Douglas A. McIntyre is the co-founder, chief executive officer and editor in chief of 24/7 Wall St. and 24/7 Tempo. He has held these jobs since 2006.

McIntyre has written thousands of articles for 24/7 Wall St. He is an expert on corporate finance, the automotive industry, media companies and international finance. He has edited articles on national demographics, sports, personal income and travel.

His work has been quoted or mentioned in The New York Times, The Wall Street Journal, Los Angeles Times, The Washington Post, NBC News, Time, The New Yorker, HuffPost USA Today, Business Insider, Yahoo, AOL, MarketWatch, The Atlantic, Bloomberg, New York Post, Chicago Tribune, Forbes, The Guardian and many other major publications. McIntyre has been a guest on CNBC, the BBC and television and radio stations across the country.

A magna cum laude graduate of Harvard College, McIntyre also was president of The Harvard Advocate. Founded in 1866, the Advocate is the oldest college publication in the United States.
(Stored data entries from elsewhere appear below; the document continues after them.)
-- ===== src/Run/Boot/SetUp.antt =====
-- src/main.rs: the machine that `execute` has set up before it is started.
use gunyah_test_vmm.Base.{
  ℕ, ◌+◌, ◌^◌, ◌==◌, ◌≤◌, ◌<◌, ◌≡◌, ◌≢◌, refl, ◌∙◌, false, List, some, ok, debug, length, arith,
  max_u64, u64_size, Profile, ne→==,
}
use gunyah_test_vmm.Effects.{or_panic, lift, ◌>>=◌}
use gunyah_test_vmm.Gunyah.Kernel.{Kernel}
use gunyah_test_vmm.Gunyah.Vm.{rwx}
use gunyah_test_vmm.Bus.Invariant.{IsValid}
use gunyah_test_vmm.Fdt.{FdtWriter}
use gunyah_test_vmm.Vmm.Interrupt.{GunyahInterrupt}
use gunyah_test_vmm.Vmm.Memory.{GunyahGuestMemoryRegion}
use gunyah_test_vmm.Vmm.Machine.{GunyahVirtualMachine, add_edge_interrupt, add_device, add_memory}
use gunyah_test_vmm.Vmm.Machine.Keeps.{HasValidBus, Keeps, bus_insert-Keeps}
use gunyah_test_vmm.Vmm.Machine.Holds.{
  lift-Holds, pure-Holds, update-Holds, on_world-Holds, in_context-Holds, >>=-Holds, >>-Holds,
}
use gunyah_test_vmm.Vmm.Machine.Files.{FileMemory}
use gunyah_test_vmm.Vmm.Machine.Writes.{Serves}
use gunyah_test_vmm.Vmm.Machine.Given.{add_memory-IsOnBus}
use gunyah_test_vmm.Serial.{SerialDevice, SerialPort, serial_new}
use gunyah_test_vmm.Types.Guest.{GuestAddress, address_add, size_try_into}
use gunyah_test_vmm.Run.Args.{RunCommand, mem_end}
use gunyah_test_vmm.Run.Layout.{Placement, plan}
use gunyah_test_vmm.Run.Boot.{Host, share_type, page_size, generate_fdt, load_binaries, set_up}
use gunyah_test_vmm.Run.Boot.Loaded.{IsRead, InRegion, load_binaries-Loads}

serial_new-Keeps :
    {W F : Type 0} (kernel : Kernel W) (p : Profile) (fdt : FdtWriter F)
    (make : GunyahInterrupt → SerialPort W) (start line : ℕ)
    → start < max_u64
    → Keeps (serial_new kernel p fdt make start line)
unfolding serial_new add_edge_interrupt add_device
serial_new-Keeps kernel p fdt make start line low =
    >>=-Holds HasValidBus _ _
      (>>=-Holds HasValidBus _ _ (in_context-Holds HasValidBus _ _ (on_world-Holds HasValidBus _))
        λ i.
          >>-Holds HasValidBus _ _ (update-Holds HasValidBus _ λ self v. v)
            (pure-Holds HasValidBus i))
      λ i. >>=-Holds HasValidBus _ _ (lift-Holds HasValidBus _) λ len.
        >>-Holds HasValidBus _ _ (bus_insert-Keeps _ start len low) (pure-Holds HasValidBus _)

-- memory that holds an address and ends at an address
mem_end-lem :
    (args : RunCommand) (top a : GuestAddress)
    → mem_end debug args ≡ ok top
    → InRegion args.mem_base.value args.size.value a
    → (args.mem_base.value + args.size.value ≡ top.value)
      × (args.mem_base.value + args.size.value < u64_size)
      × (args.mem_base.value < max_u64)
      × (args.size.value ≢ 0)
unfolding mem_end address_add
mem_end-lem args top a m hit = ground arith

module _ {W F : Type 0} (host : Host W F) where
  -- the calls of `set_up` one after the other
  set_up-runs :
      (args : RunCommand) (serial : SerialDevice W) (s s1 s2 : GunyahVirtualMachine W F × W)
      (region : GunyahGuestMemoryRegion)
      → args.size.value ≢ 0
      → serial_new host.kernel debug host.writer host.serial_port args.serial_base.value
          args.serial_interrupt s
        ≡ (ok serial, s1)
      → add_memory host.kernel debug args.mem_base.value args.size.value
          (share_type args)
          rwx
          args.huge_pages
          s1
        ≡ (ok region, s2)
      → set_up host debug args s ≡ load_binaries host debug args (some serial) s2
  unfolding set_up ◌>>=◌ lift or_panic size_try_into
  set_up-runs args serial s s1 s2 region full console added =
      rw (console, ne→== args.size.value 0 full, added) refl

module _ {W F : Type 0} (host : Host W F) (files : FileMemory host.kernel)
    (serves : Serves host.kernel) where
  -- Built for debugging, with pages of 2 ^ k bytes (k at most 63), with a kernel that grants every
  -- request, copies what it is given and whose files keep what is copied into them, from a machine
  -- whose bus is valid, and with a console below the last address of u64: if the console is
  -- registered, memory is added, the image and the ramdisk can be read, the placement is made and
  -- puts the device tree, the image and the ramdisk, none of them empty, at addresses of the memory
  -- that the arguments ask for, then `set_up` returns without an error, and after it `read_slice`
  -- finds each of the three as a whole at its place, into a buffer of its length. None of them has
  -- been overwritten by another.
  pub set_up-Loads :
      (args : RunCommand) (serial : SerialDevice W) (k : ℕ) (top : GuestAddress)
      (region : GunyahGuestMemoryRegion) (image rdisk : List ℕ) (at : Placement)
      (s s1 s2 : GunyahVirtualMachine W F × W) (w1 w2 w3 : W) (b_dtb b_image b_rdisk : List ℕ)
      → k ≤ 63
      → IsValid s.0.bus
      → args.serial_base.value < max_u64
      → serial_new host.kernel debug host.writer host.serial_port args.serial_base.value
          args.serial_interrupt s
        ≡ (ok serial, s1)
      → add_memory host.kernel debug args.mem_base.value args.size.value
          (share_type args)
          rwx
          args.huge_pages
          s1
        ≡ (ok region, s2)
      → host.read_file args.image s2.1 ≡ (ok image, w1)
      → host.read_file args.rdisk w1 ≡ (ok rdisk, w2)
      → page_size host debug args w2 ≡ (ok (2 ^ k), w3)
      → plan debug
          (2 ^ k)
          args
          (length image)
          (length rdisk)
          (generate_fdt host debug s2.0 w3 args (some serial))
        ≡ ok at
      → mem_end debug args ≡ ok top
      → InRegion args.mem_base.value args.size.value at.dtb_addr
      → InRegion args.mem_base.value args.size.value at.image_base
      → InRegion args.mem_base.value args.size.value at.rdisk_base
      → ((length at.dtb == 0) ≡ false)
      → ((length image == 0) ≡ false)
      → ((length rdisk == 0) ≡ false)
      → length b_dtb ≡ length at.dtb
      → length b_image ≡ length image
      → length b_rdisk ≡ length rdisk
      → (s' : GunyahVirtualMachine W F × W) × (set_up host debug args s ≡ (ok tt, s'))
        × IsRead at.dtb_addr b_dtb at.dtb s'
        × IsRead at.image_base b_image image s'
        × IsRead at.rdisk_base b_rdisk rdisk s'
  set_up-Loads args serial k top region image rdisk at s s1 s2 w1 w2 w3 b_dtb b_image b_rdisk small
        valid low console added r1 r2 r3 planned m hd hi hr nd ni nr fd fi fr =
      let (up, below, base_low, full) = mem_end-lem args top at.dtb_addr m hd in
      let kept =
        serial_new-Keeps host.kernel debug host.writer host.serial_port args.serial_base.value
          args.serial_interrupt low s valid in
      let valid1 : IsValid s1.0.bus = rw console at kept in
      let (on_bus, begins, sized) =
        add_memory-IsOnBus host.kernel args.mem_base.value args.size.value (share_type args) rwx
          args.huge_pages s1 s2 region base_low valid1 added in
      let (s', loads, dtb, img, ram) =
        load_binaries-Loads host files region args.mem_base.value args.size.value s2.0 on_bus serves
          args (some serial) k top image rdisk at s2.1 w1 w2 w3 b_dtb b_image b_rdisk small r1 r2 r3
          planned m up sized (omega arith) hd hi hr nd ni nr fd fi fr in
      (s', set_up-runs host args serial s s1 s2 region full console added ∙ loads, dtb, img, ram)
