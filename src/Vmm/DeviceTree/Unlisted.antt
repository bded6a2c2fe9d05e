-- ===== src/Vmm/DeviceTree/Unlisted.antt =====
-- vmm/src/virtual_machine.rs: machines whose devices list no memory, and that they have no device tree.
use gunyah_test_vmm.Base.{
  ℕ, ◌≡◌, refl, [], ◌∷◌, none, Outcome, panic, Bool-cases, inl, inr, ltb, ◌==◌, arith, ap,
}
use gunyah_test_vmm.Errors.{AnyError}
use gunyah_test_vmm.Effects.{M, ◌>>=◌, ◌>>◌, lift}
use gunyah_test_vmm.Effects.Returns.{Ensures, >>=-Ensures, >>-Ensures, any-Ensures}
use gunyah_test_vmm.Fdt.{FdtWriter}
use gunyah_test_vmm.Bus.Devices.{BusRange, Devices, btree_insert, insert}
use gunyah_test_vmm.Bus.Invariant.{reject_overlaps-cases}
use gunyah_test_vmm.Bus.Dispatch.{BusEntry, device, list_memory_regions}
use gunyah_test_vmm.Vmm.DeviceTree.{GicConfig, first, create_fdt_basic_config}
use gunyah_test_vmm.Vmm.Machine.{GunyahVirtualMachine}

module _ {W F : Type 0} where
  -- The device lists no memory.
  abbrev pub HasNoMemory : BusEntry W F → Type 0
  HasNoMemory e = (w : W) → (device e).memory_regions w ≡ none

  abbrev pub NoneHasMemory : Devices (BusEntry W F) → Type 0
  NoneHasMemory [] = Unit {0}
  NoneHasMemory ((r, e) ∷ m) = HasNoMemory e × NoneHasMemory m

  list_memory_regions-nil :
      (m : Devices (BusEntry W F)) (w : W) → NoneHasMemory m → list_memory_regions m w ≡ []
  unfolding list_memory_regions
  list_memory_regions-nil [] w h = refl
  list_memory_regions-nil ((r, e) ∷ m) w (h, hs) =
      rw (list_memory_regions, h w) (list_memory_regions-nil m w hs)

  btree_insert-NoneHasMemory :
      (r : BusRange) (e : BusEntry W F) (m : Devices (BusEntry W F))
      → HasNoMemory e
      → NoneHasMemory m
      → NoneHasMemory (btree_insert r e m)
  unfolding btree_insert
  btree_insert-NoneHasMemory r e [] h hs = (h, hs)
  btree_insert-NoneHasMemory r e ((s, f) ∷ m) h hs = elim (Bool-cases (ltb r.base s.base)) [
    | inl below ↦ rw below (h, hs)
    | inr above ↦ elim (Bool-cases (r.base == s.base)) [
      | inl same ↦ rw (above, same) (h, hs.1)
      | inr other ↦ rw (above, other) (hs.0, btree_insert-NoneHasMemory r e m h hs.1)
    ]
  ]

  pub insert-NoneHasMemory :
      (e : BusEntry W F) (base len : ℕ) (m : Devices (BusEntry W F))
      → HasNoMemory e
      → NoneHasMemory m
      → NoneHasMemory (insert e base len m).1
  unfolding insert
  insert-NoneHasMemory e base len m h hs = elim (Bool-cases (len == 0)) [
    | inl zero_len ↦ rw zero_len hs
    | inr some_len ↦ elim (reject_overlaps-cases base len m) [
      | inl free ↦ rw (some_len, free) (btree_insert-NoneHasMemory _ e m h hs)
      | inr (r, hit, _) ↦ rw (some_len, hit) hs
    ]
  ]

  -- the bus of the machine lists no memory
  abbrev pub NoMemory : GunyahVirtualMachine W F → Type 0
  NoMemory self = NoneHasMemory self.bus

-- The call returns no value.
abbrev pub NeverReturns : {K A : Type 0} → M K A → Type 0
NeverReturns m = Ensures m (λ _. ⊥)

module _ {K A B : Type 0} where
  lift_panic-NeverReturns :
      (r : Outcome AnyError A) (f : A → M K B) → r ≡ panic → NeverReturns (lift r >>= f)
  unfolding lift ◌>>=◌
  lift_panic-NeverReturns r f e k k' b h = let h' = rw e at h in ground arith

  pub >>=-NeverReturns :
      (m : M K A) (f : A → M K B) → ((a : A) → NeverReturns (f a)) → NeverReturns (m >>= f)
  >>=-NeverReturns m f then = >>=-Ensures (any-Ensures m) (λ a _. then a)

  >>-NeverReturns : (m : M K A) (n : M K B) → NeverReturns n → NeverReturns (m >> n)
  >>-NeverReturns m n then = >>-Ensures m then

module _ {W F : Type 0} (fdt : FdtWriter F) where
  pub create_fdt_basic_config-NeverReturns :
      (self : GunyahVirtualMachine W F) (w : W) (gic : GicConfig) (timers : ℕ × ℕ × ℕ × ℕ)
      → NoMemory self
      → NeverReturns (create_fdt_basic_config fdt self w gic timers)
  unfolding create_fdt_basic_config
  create_fdt_basic_config-NeverReturns self w gic (t0, t1, t2, t3) h =
      let gone : first (list_memory_regions self.bus w) ≡ panic =
        ap first (list_memory_regions-nil self.bus w h) in
      search (>>=-NeverReturns, >>-NeverReturns, lift_panic-NeverReturns, gone) depth 60
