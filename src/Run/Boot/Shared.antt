-- ===== src/Run/Boot/Shared.antt =====
-- src/main.rs: machines with shared memory, `--unprotected`.
use gunyah_test_vmm.Vmm.DeviceTree.Unlisted.{
  HasNoMemory, NoMemory, NeverReturns, insert-NoneHasMemory, >>=-NeverReturns,
  create_fdt_basic_config-NeverReturns,
}
use gunyah_test_vmm.Base.{
  ℕ, ◌≡◌, bind-ok, Outcome-cases, length, err, String, refl, false, List, [], Option, some, Outcome,
  ok, panic, Profile, inl, inr, arith, ap,
}
use gunyah_test_vmm.Errors.{AnyError}
use gunyah_test_vmm.Effects.{lift, in_context, or_panic}
use gunyah_test_vmm.Effects.Returns.{
  Ensures, >>=-Ensures, any-Ensures, >>=-ok, >>-ok, pure-Ensures, in_context-Ensures,
}
use gunyah_test_vmm.Bus.Dispatch.{outer_sync}
use gunyah_test_vmm.Types.Text.{Text}
use gunyah_test_vmm.Vmm.Machine.{
  GunyahVirtualMachine, on_world, from_vm, machine_new, add_memory, is_regular,
}
use gunyah_test_vmm.Vmm.Machine.Holds.{lift-Holds, or_panic-Holds, on_world-Holds, in_context-Holds}
use gunyah_test_vmm.Run.Boot.Kept.{
  serial_new-Holds, check_args-Holds, create_vcpus-Holds, Holds-after,
}
use gunyah_test_vmm.Types.Guest.{GuestAddress, address_add, size_try_into}
use gunyah_test_vmm.Serial.{SerialDevice, serial_device, serial_new}
use gunyah_test_vmm.Gunyah.Vm.{rwx}
use gunyah_test_vmm.Vmm.Memory.{GunyahGuestMemoryRegion, memory_regions}
use gunyah_test_vmm.Vmm.Memory.Device.{region_device}
use gunyah_test_vmm.Vmm.Machine.Added.{IsKeptBy, add_memory-Holds}
use gunyah_test_vmm.Run.Args.{RunCommand}
use gunyah_test_vmm.Run.Layout.{Placement, plan, place_rdisk}
use gunyah_test_vmm.Run.Boot.{
  Host, share_type, finish_fdt, write_fdt, generate_fdt, place, page_size, load_binaries, set_up,
  check_args, create_vcpus, execute, forget_machine, main,
}

module _ {W F : Type 0} (host : Host W F) (p : Profile) where
  write_fdt-NeverReturns :
      (self : GunyahVirtualMachine W F) (w : W) (args : RunCommand)
      (serial : Option (SerialDevice W)) (rdisk_start rdisk_end : GuestAddress)
      → NoMemory self
      → NeverReturns (write_fdt host p self w args serial rdisk_start rdisk_end)
  unfolding write_fdt
  write_fdt-NeverReturns self w args serial rdisk_start rdisk_end h = >>=-NeverReturns _ _ λ root.
      >>=-NeverReturns _ _ λ gic. λ k k' a e.
        let (_, k1, written, _) = >>-ok _ _ k k' a e in
        create_fdt_basic_config-NeverReturns host.writer self w gic _ h k k1 tt written

  finish_fdt-ok :
      (r : Outcome AnyError (Unit {0}) × F) (dtb : List ℕ)
      → finish_fdt host p r ≡ ok dtb
      → (f : F) × (r ≡ (ok tt, f))
  finish_fdt-ok (ok _, f) dtb e = (f, refl)
  finish_fdt-ok (err x, f) dtb e = ground arith
  finish_fdt-ok (panic, f) dtb e = ground arith

  generate_fdt-never :
      (self : GunyahVirtualMachine W F) (w : W) (args : RunCommand)
      (serial : Option (SerialDevice W)) (rdisk_start rdisk_end : GuestAddress) (dtb : List ℕ)
      → NoMemory self
      → ¬ (generate_fdt host p self w args serial rdisk_start rdisk_end ≡ ok dtb)
  unfolding generate_fdt
  generate_fdt-never self w args serial rdisk_start rdisk_end dtb h e =
      let (fdt, _, e1) = bind-ok host.new_writer _ dtb e in
      let (f, written) =
        finish_fdt-ok (write_fdt host p self w args serial rdisk_start rdisk_end fdt) dtb e1 in
      write_fdt-NeverReturns self w args serial rdisk_start rdisk_end h fdt f tt written

  plan-never :
      (page image_len rdisk_len : ℕ) (args : RunCommand)
      (generate : GuestAddress → GuestAddress → Outcome AnyError (List ℕ)) (at : Placement)
      → ((a b : GuestAddress) (dtb : List ℕ) → ¬ (generate a b ≡ ok dtb))
      → ¬ (plan p page args image_len rdisk_len generate ≡ ok at)
  unfolding plan
  plan-never page image_len rdisk_len args generate at never e =
      elim (Outcome-cases (place_rdisk p page args image_len)) [
        | inl (base, r) ↦
            let e1 = rw r at e in
            elim (Outcome-cases (address_add p base.1 (record { value = rdisk_len }))) [
              | inl (end, r1) ↦
                  let e2 = rw r1 at e1 in
                  elim (Outcome-cases (generate base.1 end)) [
                    | inl (dtb, r2) ↦ never base.1 end dtb r2
                    | inr (inl (x, r2)) ↦ let e3 = rw r2 at e2 in ground arith
                    | inr (inr r2) ↦ let e3 = rw r2 at e2 in ground arith
                  ]
              | inr (inl (x, r1)) ↦ let e2 = rw r1 at e1 in ground arith
              | inr (inr r1) ↦ let e2 = rw r1 at e1 in ground arith
            ]
        | inr (inl (x, r)) ↦ let e1 = rw r at e in ground arith
        | inr (inr r) ↦ let e1 = rw r at e in ground arith
      ]

  read_file-NoMemory :
      (t : String) (path : Text) (s s' : GunyahVirtualMachine W F × W) (bytes : List ℕ)
      → NoMemory s.0
      → in_context t (on_world (λ _. host.read_file path)) s ≡ (ok bytes, s')
      → NoMemory s'.0
  read_file-NoMemory t path s s' bytes h e =
      Holds-after NoMemory (in_context t (on_world (λ _. host.read_file path))) s s' bytes
        (in_context-Holds NoMemory t (on_world (λ _. host.read_file path))
          (on_world-Holds NoMemory _))
        e h

  load_binaries-NeverReturns :
      (args : RunCommand) (serial : Option (SerialDevice W)) (s s' : GunyahVirtualMachine W F × W)
      → NoMemory s.0
      → ¬ (load_binaries host p args serial s ≡ (ok tt, s'))
  unfolding load_binaries place
  load_binaries-NeverReturns args serial s s' h e =
      let (image, s1, e1, f1) = >>=-ok _ _ s s' tt e in
      let (rdisk, s2, e2, f2) = >>=-ok _ _ s1 s' tt f1 in
      let (page, s3, e3, f3) = >>=-ok _ _ s2 s' tt f2 in
      let (at, s4, e4, f4) = >>=-ok _ _ s3 s' tt f3 in
      let h1 = read_file-NoMemory "Unable to read VM image" args.image s s1 image h e1 in
      let h2 = read_file-NoMemory "Unable to read Ramdisk image" args.rdisk s1 s2 rdisk h1 e2 in
      let h3 =
        Holds-after NoMemory (on_world (λ _. page_size host p args)) s2 s3 page
          (on_world-Holds NoMemory _) e3 h2 in
      plan-never page (length image) (length rdisk) args (generate_fdt host p s3.0 s3.1 args serial)
        at (λ a b dtb. generate_fdt-never s3.0 s3.1 args serial a b dtb h3) (ap (λ x. x.0) e4)

  serial_device-HasNoMemory :
      (d : SerialDevice W) → HasNoMemory (outer_sync (serial_device host.writer d))
  unfolding serial_device
  serial_device-HasNoMemory d w = refl

  region_device-HasNoMemory :
      (args : RunCommand) (r : GunyahGuestMemoryRegion)
      → args.protected ≡ false
      → r.regular_memory ≡ is_regular (share_type args)
      → HasNoMemory {W = W} {F = F} (outer_sync (region_device host.kernel p r))
  unfolding region_device memory_regions
  region_device-HasNoMemory args r shared e w =
      let e' : r.regular_memory ≡ false = rw shared at e in rw e' refl

  -- where devices that list no memory are put on the bus
  insert-NoMemory : IsKeptBy {W = W} {F = F} NoMemory HasNoMemory
  insert-NoMemory self e base len h hs = insert-NoneHasMemory e base len self.bus h hs

  set_up-NeverReturns :
      (args : RunCommand) (s s' : GunyahVirtualMachine W F × W)
      → args.protected ≡ false
      → NoMemory s.0
      → ¬ (set_up host p args s ≡ (ok tt, s'))
  unfolding set_up
  set_up-NeverReturns args s s' shared h e =
      let (serial, s1, e1, f1) = >>=-ok _ _ s s' tt e in
      let (size, s2, e2, f2) = >>=-ok _ _ s1 s' tt f1 in
      let (region, s3, e3, f3) = >>=-ok _ _ s2 s' tt f2 in
      let h1 =
        Holds-after NoMemory
          (serial_new host.kernel p host.writer host.serial_port args.serial_base.value
            args.serial_interrupt)
          s s1 serial
          (serial_new-Holds NoMemory HasNoMemory insert-NoMemory (λ self l q. q) host.kernel p
            host.writer host.serial_port _ _ serial_device-HasNoMemory)
          e1 h in
      let h2 =
        Holds-after NoMemory (lift (size_try_into args.size)) s1 s2 size (lift-Holds NoMemory _) e2
          h1 in
      let add =
        add_memory {F = F} host.kernel p args.mem_base.value size (share_type args) rwx
          args.huge_pages in
      let h3 =
        Holds-after NoMemory (or_panic add) s2 s3 region
          (or_panic-Holds NoMemory add (
            add_memory-Holds NoMemory HasNoMemory insert-NoMemory host.kernel p _ _ _ _ _
              λ r. region_device-HasNoMemory args r shared))
          e3 h2 in
      load_binaries-NeverReturns args (some serial) s3 s' h3 f3

  execute-NeverReturns :
      (args : RunCommand) (s s' : GunyahVirtualMachine W F × W)
      → args.protected ≡ false
      → NoMemory s.0
      → ¬ (execute host p args s ≡ (ok tt, s'))
  unfolding execute
  execute-NeverReturns args s s' shared h e =
      let (_, s0, checked, e0) = >>-ok _ _ s s' tt e in
      let (vcpus, s1, created, e1) = >>=-ok _ _ s0 s' tt e0 in
      let (_, s2, ready, e2) = >>-ok _ _ s1 s' tt e1 in
      let h0 =
        Holds-after NoMemory (check_args host p args) s s0 tt
          (check_args-Holds NoMemory host p args) checked h in
      let h1 =
        Holds-after NoMemory (create_vcpus host args.vcpus 0 []) s0 s1 vcpus
          (create_vcpus-Holds NoMemory host (λ self vcpus q. q) args.vcpus 0 []) created h0 in
      set_up-NeverReturns args s1 s2 shared h1 ready

  forget_machine-ok :
      (r : Outcome AnyError (Unit {0}) × (GunyahVirtualMachine W F × W)) (w : W)
      → forget_machine {W = W} {F = F} host p r ≡ (ok tt, w)
      → (s : GunyahVirtualMachine W F × W) × (r ≡ (ok tt, s))
  forget_machine-ok (ok _, s) w e = (s, refl)
  forget_machine-ok (err x, s) w e = ground arith
  forget_machine-ok (panic, s) w e = ground arith

  machine_new-NoMemory : Ensures (machine_new {W = W} {F = F} host.kernel) NoMemory
  unfolding machine_new
  machine_new-NoMemory =
      >>=-Ensures (any-Ensures _)
        λ driver _. >>=-Ensures (any-Ensures _) λ vm _. pure-Ensures NoMemory (from_vm vm) tt

  -- A run with `--unprotected` never gets as far as to wait for its vCPUs, whatever the host and the
  -- kernel answer and whatever the other arguments are: memory that is shared is not listed as memory of
  -- the machine, and without any the device tree is not made.
  pub main-shared-never :
      (args : RunCommand) (w w' : W) → args.protected ≡ false → ¬ (main host p args w ≡ (ok tt, w'))
  unfolding main
  main-shared-never args w w' shared e =
      let (vm, w1, e1, e2) = >>=-ok _ _ w w' tt e in
      let (s, done) = forget_machine-ok _ w' e2 in
      execute-NeverReturns args (vm, w1) s shared
        (in_context-Ensures _ _ machine_new-NoMemory w w1 vm e1) done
TheStreet.com, Comps.com and Edgar Online are some of the public companies for which McIntyre served on the board of directors. He was a Vicinity Corporation board member when the company was sold to Microsoft in 2002. He served on the audit committees of some of these companies.

McIntyre has been the CEO of FutureSource, a provider of trading terminals and news to commodities and futures traders. He was president of Switchboard, the online phone directory company. He served as chairman and CEO of On2 Technologies, the video compression company that provided video compression software for Adobe’s Flash. Google bought On2 in 2009.